73 In the cross-claim the defendant also claimed an injunction to restrain the plaintiffs from sounding the horn of the motor vehicle while travelling on the easement, and other claims relating to reinstatement of the right of way and rearranging their fencing, which were not pressed in counsel’s submissions, and for which no grounds were shown by evidence.
Conclusion and Draft Orders
74 The mandatory injunction should be settled with care so as to define the work which the defendant is to be compelled to do in sufficient detail to enable enforcement measures to be taken if she does not comply. I propose to publish a draft order but to direct plaintiffs’ counsel to prepare a draft of the mandatory injunction and show it defendant’s counsel before I address the terms in detail.
75 The Draft Orders are:
- On the plaintiffs’ claims in the Amended Summons dated 15 October 2003
(1) (Mandatory injunction is to be drafted for reinstating cattle yards.)
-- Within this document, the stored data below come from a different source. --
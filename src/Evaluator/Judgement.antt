-- ===== src/Evaluator/Judgement.antt =====
-- The judgement of one owner set: the body of the loop over `owner_paths` in `evaluate`.
use extra_codeowners.Prelude.{
  Bool, true, false, not, ◌&&◌, List, [], ◌∷◌, ◌++◌, if◌then◌else◌, keep, map, all, contains,
  list_eq, nat_eq, intersects, unique, sort, text_le, Result, ok, traverse, ◌>>=◌,
}
use extra_codeowners.Text.{Str, text, join}
use extra_codeowners.Models.Normalize.{ValueError}
use extra_codeowners.Models.Evidence.{PullRequestReview}
use extra_codeowners.Models.Results.{PathEvidence, OwnerSetResult}
use extra_codeowners.Policy.Decision.{
  DelegationDecision, CompiledPolicy, is_non_delegable, delegation_decisions, is_nil,
}

-- What the loop reads: the compiled policy and the evidence.
pub record Context : Type 0 where
  pub policy : CompiledPolicy
  pub labels : List Str
  pub human_approvals : List (PullRequestReview × List Str)
  pub author_login : Str
  pub author_identities : List Str
  pub approved_apps : List Str

-- the evidence of a path that a person covers
unfoldable pub covered_path : CompiledPolicy → Str → Str → Result ValueError PathEvidence
covered_path policy explanation path = do
  non_delegable ← is_non_delegable policy path
  ok (record {
    path = path;
    non_delegable = non_delegable;
    eligible_apps = [];
    approved_apps = [];
    explanation = explanation;
  })

unfoldable pub satisfying_humans :
    List (PullRequestReview × List Str) → List Str → List PullRequestReview
satisfying_humans [] owners = []
satisfying_humans ((review, identities) ∷ approvals) owners =
    let rest = satisfying_humans approvals owners in
    if intersects identities owners then review ∷ rest else rest

unfoldable pub human_result :
    Context → List Str → List Str → List PullRequestReview → Result ValueError OwnerSetResult
unfolding covered_path
human_result context owners paths humans = do
  evidence ←
      traverse (covered_path context.policy (text "covered by the human CODEOWNER approval")) paths
  ok (record {
    owners = owners;
    paths = paths;
    satisfied = true;
    satisfied_by = map (λ review. text "human:@" ++ review.actor.login) humans;
    explanation =
        text "approved by human CODEOWNER "
        ++ join (text ", ") (map (λ review. b'@' ∷ review.actor.login) humans);
    path_evidence = evidence;
  })

unfoldable pub author_result : Context → List Str → List Str → Result ValueError OwnerSetResult
unfolding covered_path
author_result context owners paths = do
  evidence ←
      traverse
        (covered_path context.policy (text "covered by eligible pull-request author evidence"))
        paths
  ok (record {
    owners = owners;
    paths = paths;
    satisfied = true;
    satisfied_by = (text "author:@" ++ context.author_login) ∷ [];
    explanation =
        text "pull request author @"
        ++ (context.author_login ++ text " is an eligible human CODEOWNER");
    path_evidence = evidence;
  })

unfoldable pub eligible_apps_of : List DelegationDecision → List Str
eligible_apps_of decisions =
    map (λ decision. decision.app_alias) (keep (λ decision. decision.eligible) decisions)

-- sorted(set(eligible_apps) & approved_apps)
unfoldable pub path_approvals_of : List Str → List Str → List Str
path_approvals_of eligible approved =
    sort text_le (unique (keep (λ alias. contains approved alias) eligible))

unfoldable pub blocked_text : DelegationDecision → Str
blocked_text decision = decision.app_alias ++ (text ": " ++ join (text ", ") decision.reasons)

unfoldable pub missing_explanation : List Str → List DelegationDecision → Str
unfolding blocked_text
missing_explanation (alias ∷ eligible) decisions =
    text "eligible application approval is missing: " ++ join (text ", ") (alias ∷ eligible)
missing_explanation [] (decision ∷ decisions) =
    text "delegation label conditions were not met: "
    ++ join (text "; ") (map blocked_text (decision ∷ decisions))
missing_explanation [] [] = text "no application delegation covers this path and owner set"

unfoldable pub path_explanation : List Str → List Str → List DelegationDecision → Str
unfolding missing_explanation
path_explanation (alias ∷ approvals) eligible decisions =
    text "covered by approved application " ++ join (text ", ") (alias ∷ approvals)
path_explanation [] eligible decisions = missing_explanation eligible decisions

-- the body of the loop over the paths; a path is satisfied by the applications in `approved_apps`
unfoldable pub delegable_evidence : Context → Str → List DelegationDecision → PathEvidence
unfolding eligible_apps_of path_approvals_of path_explanation
delegable_evidence context path decisions =
    let eligible = eligible_apps_of decisions in
    let approvals = path_approvals_of eligible context.approved_apps in
    record {
      path = path;
      non_delegable = false;
      eligible_apps = eligible;
      approved_apps = approvals;
      explanation = path_explanation approvals eligible decisions;
    }

unfoldable pub blocked_evidence : Str → PathEvidence
blocked_evidence path = record {
  path = path;
  non_delegable = true;
  eligible_apps = [];
  approved_apps = [];
  explanation = text "application delegation is disabled for this security-sensitive path";
}

unfoldable pub judge_path : Context → List Str → Str → Result ValueError PathEvidence
unfolding delegable_evidence blocked_evidence
judge_path context owners path = do
  non_delegable ← is_non_delegable context.policy path
  if non_delegable then ok (blocked_evidence path) else (do
    decisions ← delegation_decisions context.policy path owners context.labels
    ok (delegable_evidence context path decisions))

-- the path left `all_paths_satisfied` as it was
unfoldable pub is_path_satisfied : PathEvidence → Bool
unfolding is_nil
is_path_satisfied evidence = not evidence.non_delegable && not (is_nil evidence.approved_apps)

unfoldable pub approving_apps : List PathEvidence → List Str
approving_apps [] = []
approving_apps (evidence ∷ rest) = evidence.approved_apps ++ approving_apps rest

unfoldable pub app_result : List Str → List Str → List PathEvidence → OwnerSetResult
unfolding is_path_satisfied approving_apps
app_result owners paths evidence =
    if all is_path_satisfied evidence
    then record {
      owners = owners;
      paths = paths;
      satisfied = true;
      satisfied_by =
          map (λ alias. text "app:" ++ alias) (sort text_le (unique (approving_apps evidence)));
      explanation = text "all paths are covered by approved application delegation";
      path_evidence = evidence;
    }
    else record {
      owners = owners;
      paths = paths;
      satisfied = false;
      satisfied_by = [];
      explanation =
          text "requires an approval from a listed human CODEOWNER or an eligible "
          ++ text "application for every path";
      path_evidence = evidence;
    }

unfoldable pub judge_without_humans :
    Context → List Str → List Str → Result ValueError OwnerSetResult
unfolding author_result app_result judge_path
judge_without_humans context owners paths =
    if intersects context.author_identities owners then author_result context owners paths else (do
      evidence ← traverse (judge_path context owners) paths
      ok (app_result owners paths evidence))

unfoldable pub judge_with :
    Context → List Str → List Str → List PullRequestReview → Result ValueError OwnerSetResult
unfolding human_result judge_without_humans
judge_with context owners paths [] = judge_without_humans context owners paths
judge_with context owners paths (review ∷ reviews) =
    human_result context owners paths (review ∷ reviews)

unfoldable pub judge : Context → List Str × List Str → Result ValueError OwnerSetResult
unfolding judge_with
judge context (owners, paths) =
    judge_with context owners paths (satisfying_humans context.human_approvals owners)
(2) Order that within seven days the defendant remove from the site of the easement in Deposited Plan 731284 all steel posts formerly supporting the electric fences.
(3) Order that the defendant by herself, her servants and agents be permanently restrained from erecting any electric fence and also from erecting any steel fence post within the site of the easement in Deposited Plan 731284 without first obtaining leave of the Court.
(4) Dismiss Claim 2 in the Amended Summons
(6) Reserve liberty to apply with respect to enforcement of Order 1, damages, interest, costs and generally.(5) Order that after compliance by the defendant with Order 1 or further order it be referred to the Master to inquire into assess and certify the amount of the damages which the plaintiffs ought to recover against the defendant and further order that judgment be entered for the recovery by the plaintiffs from the defendant of the amount of the damages so certified.
- Upon the Cross-claim
- (7) Give judgment for the cross defendants with costs.